> _Goal of the exercise_: Find the number of lines below in which the word "gets" appears, and write that number only.

Collected data entries
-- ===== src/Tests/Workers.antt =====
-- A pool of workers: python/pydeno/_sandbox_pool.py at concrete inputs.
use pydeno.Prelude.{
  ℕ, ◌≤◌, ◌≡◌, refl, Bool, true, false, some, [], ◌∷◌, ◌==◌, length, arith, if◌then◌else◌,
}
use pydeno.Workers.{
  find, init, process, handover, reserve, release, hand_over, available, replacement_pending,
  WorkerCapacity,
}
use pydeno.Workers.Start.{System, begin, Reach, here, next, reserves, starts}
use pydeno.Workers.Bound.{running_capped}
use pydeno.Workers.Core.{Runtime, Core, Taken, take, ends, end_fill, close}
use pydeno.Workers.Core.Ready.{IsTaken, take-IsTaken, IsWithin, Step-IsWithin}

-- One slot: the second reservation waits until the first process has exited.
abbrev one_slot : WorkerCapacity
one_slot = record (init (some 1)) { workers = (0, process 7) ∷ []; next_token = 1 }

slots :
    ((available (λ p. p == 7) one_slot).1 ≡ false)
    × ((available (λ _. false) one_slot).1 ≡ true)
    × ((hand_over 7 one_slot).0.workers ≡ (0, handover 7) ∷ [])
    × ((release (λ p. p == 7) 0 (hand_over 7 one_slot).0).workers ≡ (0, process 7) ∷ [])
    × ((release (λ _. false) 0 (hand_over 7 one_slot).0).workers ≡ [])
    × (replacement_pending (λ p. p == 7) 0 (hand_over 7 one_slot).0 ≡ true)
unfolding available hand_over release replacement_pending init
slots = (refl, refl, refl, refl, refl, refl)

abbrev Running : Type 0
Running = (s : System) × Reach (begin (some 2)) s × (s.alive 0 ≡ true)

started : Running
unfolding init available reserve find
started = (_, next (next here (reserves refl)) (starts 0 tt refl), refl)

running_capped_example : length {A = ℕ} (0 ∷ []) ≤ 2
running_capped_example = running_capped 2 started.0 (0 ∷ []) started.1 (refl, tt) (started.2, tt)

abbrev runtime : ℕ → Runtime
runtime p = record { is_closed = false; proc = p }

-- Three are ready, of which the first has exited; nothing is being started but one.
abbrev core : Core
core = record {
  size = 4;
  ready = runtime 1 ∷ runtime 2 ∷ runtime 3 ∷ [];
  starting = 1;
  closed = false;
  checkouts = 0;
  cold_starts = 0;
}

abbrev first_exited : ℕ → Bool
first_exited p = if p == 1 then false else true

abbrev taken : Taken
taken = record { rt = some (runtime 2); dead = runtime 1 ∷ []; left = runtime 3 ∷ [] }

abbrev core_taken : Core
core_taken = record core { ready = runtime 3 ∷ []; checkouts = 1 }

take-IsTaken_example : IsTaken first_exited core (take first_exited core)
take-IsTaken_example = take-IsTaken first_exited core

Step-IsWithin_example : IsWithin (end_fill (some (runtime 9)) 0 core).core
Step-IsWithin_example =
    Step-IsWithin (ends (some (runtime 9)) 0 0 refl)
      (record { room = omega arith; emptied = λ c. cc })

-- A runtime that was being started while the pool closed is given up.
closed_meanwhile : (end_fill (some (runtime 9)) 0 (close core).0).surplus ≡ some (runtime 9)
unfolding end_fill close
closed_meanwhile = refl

==

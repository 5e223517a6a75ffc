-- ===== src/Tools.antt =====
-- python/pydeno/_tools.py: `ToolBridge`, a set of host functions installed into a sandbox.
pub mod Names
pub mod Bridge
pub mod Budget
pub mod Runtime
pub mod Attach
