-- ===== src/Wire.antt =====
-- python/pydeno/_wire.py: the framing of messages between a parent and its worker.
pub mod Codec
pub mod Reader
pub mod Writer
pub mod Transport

---

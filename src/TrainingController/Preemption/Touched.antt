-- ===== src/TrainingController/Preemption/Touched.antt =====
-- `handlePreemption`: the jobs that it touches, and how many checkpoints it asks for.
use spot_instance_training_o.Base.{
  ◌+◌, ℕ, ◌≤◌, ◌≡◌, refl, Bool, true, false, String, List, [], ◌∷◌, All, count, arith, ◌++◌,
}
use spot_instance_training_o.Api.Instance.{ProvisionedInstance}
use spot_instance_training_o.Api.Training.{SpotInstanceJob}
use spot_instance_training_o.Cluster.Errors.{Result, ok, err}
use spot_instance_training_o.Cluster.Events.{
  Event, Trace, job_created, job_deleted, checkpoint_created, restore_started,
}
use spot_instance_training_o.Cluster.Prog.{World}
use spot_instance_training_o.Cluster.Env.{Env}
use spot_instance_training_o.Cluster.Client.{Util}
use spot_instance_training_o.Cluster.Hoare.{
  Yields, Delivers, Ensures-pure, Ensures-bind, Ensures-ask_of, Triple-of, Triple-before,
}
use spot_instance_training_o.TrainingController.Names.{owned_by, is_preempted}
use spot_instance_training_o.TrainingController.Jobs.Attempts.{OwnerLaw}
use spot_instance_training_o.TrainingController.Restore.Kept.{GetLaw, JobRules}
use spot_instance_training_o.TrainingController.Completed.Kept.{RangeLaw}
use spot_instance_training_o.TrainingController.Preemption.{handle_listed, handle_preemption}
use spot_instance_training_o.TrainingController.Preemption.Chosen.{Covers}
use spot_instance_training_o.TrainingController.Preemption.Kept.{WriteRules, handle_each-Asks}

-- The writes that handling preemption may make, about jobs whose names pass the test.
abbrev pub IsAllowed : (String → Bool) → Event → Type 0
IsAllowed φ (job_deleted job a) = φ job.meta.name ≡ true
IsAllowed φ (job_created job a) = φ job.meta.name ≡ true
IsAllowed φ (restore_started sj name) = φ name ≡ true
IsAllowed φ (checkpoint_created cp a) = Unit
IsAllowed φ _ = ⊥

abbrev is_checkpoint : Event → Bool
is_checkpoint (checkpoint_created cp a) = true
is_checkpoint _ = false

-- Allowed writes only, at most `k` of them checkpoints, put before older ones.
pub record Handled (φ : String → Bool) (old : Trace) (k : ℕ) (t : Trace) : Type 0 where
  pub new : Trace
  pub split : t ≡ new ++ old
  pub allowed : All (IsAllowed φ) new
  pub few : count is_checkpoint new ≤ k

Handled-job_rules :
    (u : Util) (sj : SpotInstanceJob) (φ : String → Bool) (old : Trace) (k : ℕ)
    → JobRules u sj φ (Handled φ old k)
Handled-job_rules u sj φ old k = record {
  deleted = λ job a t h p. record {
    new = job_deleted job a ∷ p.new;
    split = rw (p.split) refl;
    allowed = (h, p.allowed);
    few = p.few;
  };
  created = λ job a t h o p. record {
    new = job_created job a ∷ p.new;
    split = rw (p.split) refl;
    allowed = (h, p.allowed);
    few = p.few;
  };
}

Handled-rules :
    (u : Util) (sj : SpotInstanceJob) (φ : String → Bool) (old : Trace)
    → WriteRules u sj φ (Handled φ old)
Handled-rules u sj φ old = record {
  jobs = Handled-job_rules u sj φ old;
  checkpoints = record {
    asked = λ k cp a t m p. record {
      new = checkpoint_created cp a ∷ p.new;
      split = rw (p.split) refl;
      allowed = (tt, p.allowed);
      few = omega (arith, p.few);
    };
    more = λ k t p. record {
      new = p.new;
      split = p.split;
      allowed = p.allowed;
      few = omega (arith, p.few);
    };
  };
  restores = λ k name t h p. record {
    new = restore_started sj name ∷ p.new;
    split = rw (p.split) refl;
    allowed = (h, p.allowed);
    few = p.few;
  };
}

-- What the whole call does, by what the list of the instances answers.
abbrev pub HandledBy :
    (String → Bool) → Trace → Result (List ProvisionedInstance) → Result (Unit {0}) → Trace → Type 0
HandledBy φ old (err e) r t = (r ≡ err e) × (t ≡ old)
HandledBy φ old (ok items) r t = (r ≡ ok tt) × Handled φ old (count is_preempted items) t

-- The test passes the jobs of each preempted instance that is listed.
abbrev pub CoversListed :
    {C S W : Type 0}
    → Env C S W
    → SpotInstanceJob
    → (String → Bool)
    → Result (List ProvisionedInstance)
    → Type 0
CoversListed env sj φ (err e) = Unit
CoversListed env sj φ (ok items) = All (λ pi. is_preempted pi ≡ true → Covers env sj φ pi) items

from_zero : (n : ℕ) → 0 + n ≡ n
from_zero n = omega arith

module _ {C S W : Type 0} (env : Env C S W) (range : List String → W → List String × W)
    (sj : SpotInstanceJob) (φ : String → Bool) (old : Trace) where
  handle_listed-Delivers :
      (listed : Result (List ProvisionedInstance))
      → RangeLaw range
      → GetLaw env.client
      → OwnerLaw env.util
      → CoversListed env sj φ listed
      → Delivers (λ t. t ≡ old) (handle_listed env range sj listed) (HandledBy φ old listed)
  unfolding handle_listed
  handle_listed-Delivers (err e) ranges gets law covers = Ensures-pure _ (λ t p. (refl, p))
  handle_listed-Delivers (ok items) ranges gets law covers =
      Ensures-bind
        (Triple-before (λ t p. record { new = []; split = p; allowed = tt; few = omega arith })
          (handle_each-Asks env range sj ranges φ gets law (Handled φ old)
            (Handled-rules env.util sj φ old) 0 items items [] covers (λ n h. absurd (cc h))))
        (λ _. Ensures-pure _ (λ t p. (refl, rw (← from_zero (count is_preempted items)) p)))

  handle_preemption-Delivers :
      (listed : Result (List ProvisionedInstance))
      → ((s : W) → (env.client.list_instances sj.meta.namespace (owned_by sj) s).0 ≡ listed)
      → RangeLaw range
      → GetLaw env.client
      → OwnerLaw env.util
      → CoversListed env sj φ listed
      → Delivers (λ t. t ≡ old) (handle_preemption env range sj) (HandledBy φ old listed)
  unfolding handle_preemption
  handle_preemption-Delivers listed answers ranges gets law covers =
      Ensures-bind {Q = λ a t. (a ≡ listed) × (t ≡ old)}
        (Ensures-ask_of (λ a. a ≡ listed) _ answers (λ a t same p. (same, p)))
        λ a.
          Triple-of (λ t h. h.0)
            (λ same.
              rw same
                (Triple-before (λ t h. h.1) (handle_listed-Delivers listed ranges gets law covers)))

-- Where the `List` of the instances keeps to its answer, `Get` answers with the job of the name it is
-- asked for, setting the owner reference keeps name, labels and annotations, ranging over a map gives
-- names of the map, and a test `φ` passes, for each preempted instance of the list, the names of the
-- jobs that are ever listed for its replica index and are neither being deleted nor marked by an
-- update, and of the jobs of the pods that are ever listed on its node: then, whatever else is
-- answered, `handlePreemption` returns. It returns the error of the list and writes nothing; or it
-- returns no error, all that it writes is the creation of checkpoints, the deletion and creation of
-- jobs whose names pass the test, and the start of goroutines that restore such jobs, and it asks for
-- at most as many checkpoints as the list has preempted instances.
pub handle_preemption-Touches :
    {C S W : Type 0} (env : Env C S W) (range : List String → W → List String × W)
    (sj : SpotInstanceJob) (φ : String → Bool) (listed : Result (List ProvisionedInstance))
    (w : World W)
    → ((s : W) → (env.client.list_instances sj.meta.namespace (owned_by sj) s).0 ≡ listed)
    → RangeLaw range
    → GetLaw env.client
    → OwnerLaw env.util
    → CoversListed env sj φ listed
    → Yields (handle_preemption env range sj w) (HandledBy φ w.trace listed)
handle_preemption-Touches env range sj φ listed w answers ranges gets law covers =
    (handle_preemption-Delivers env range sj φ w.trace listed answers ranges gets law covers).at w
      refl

> _Written answer_: 7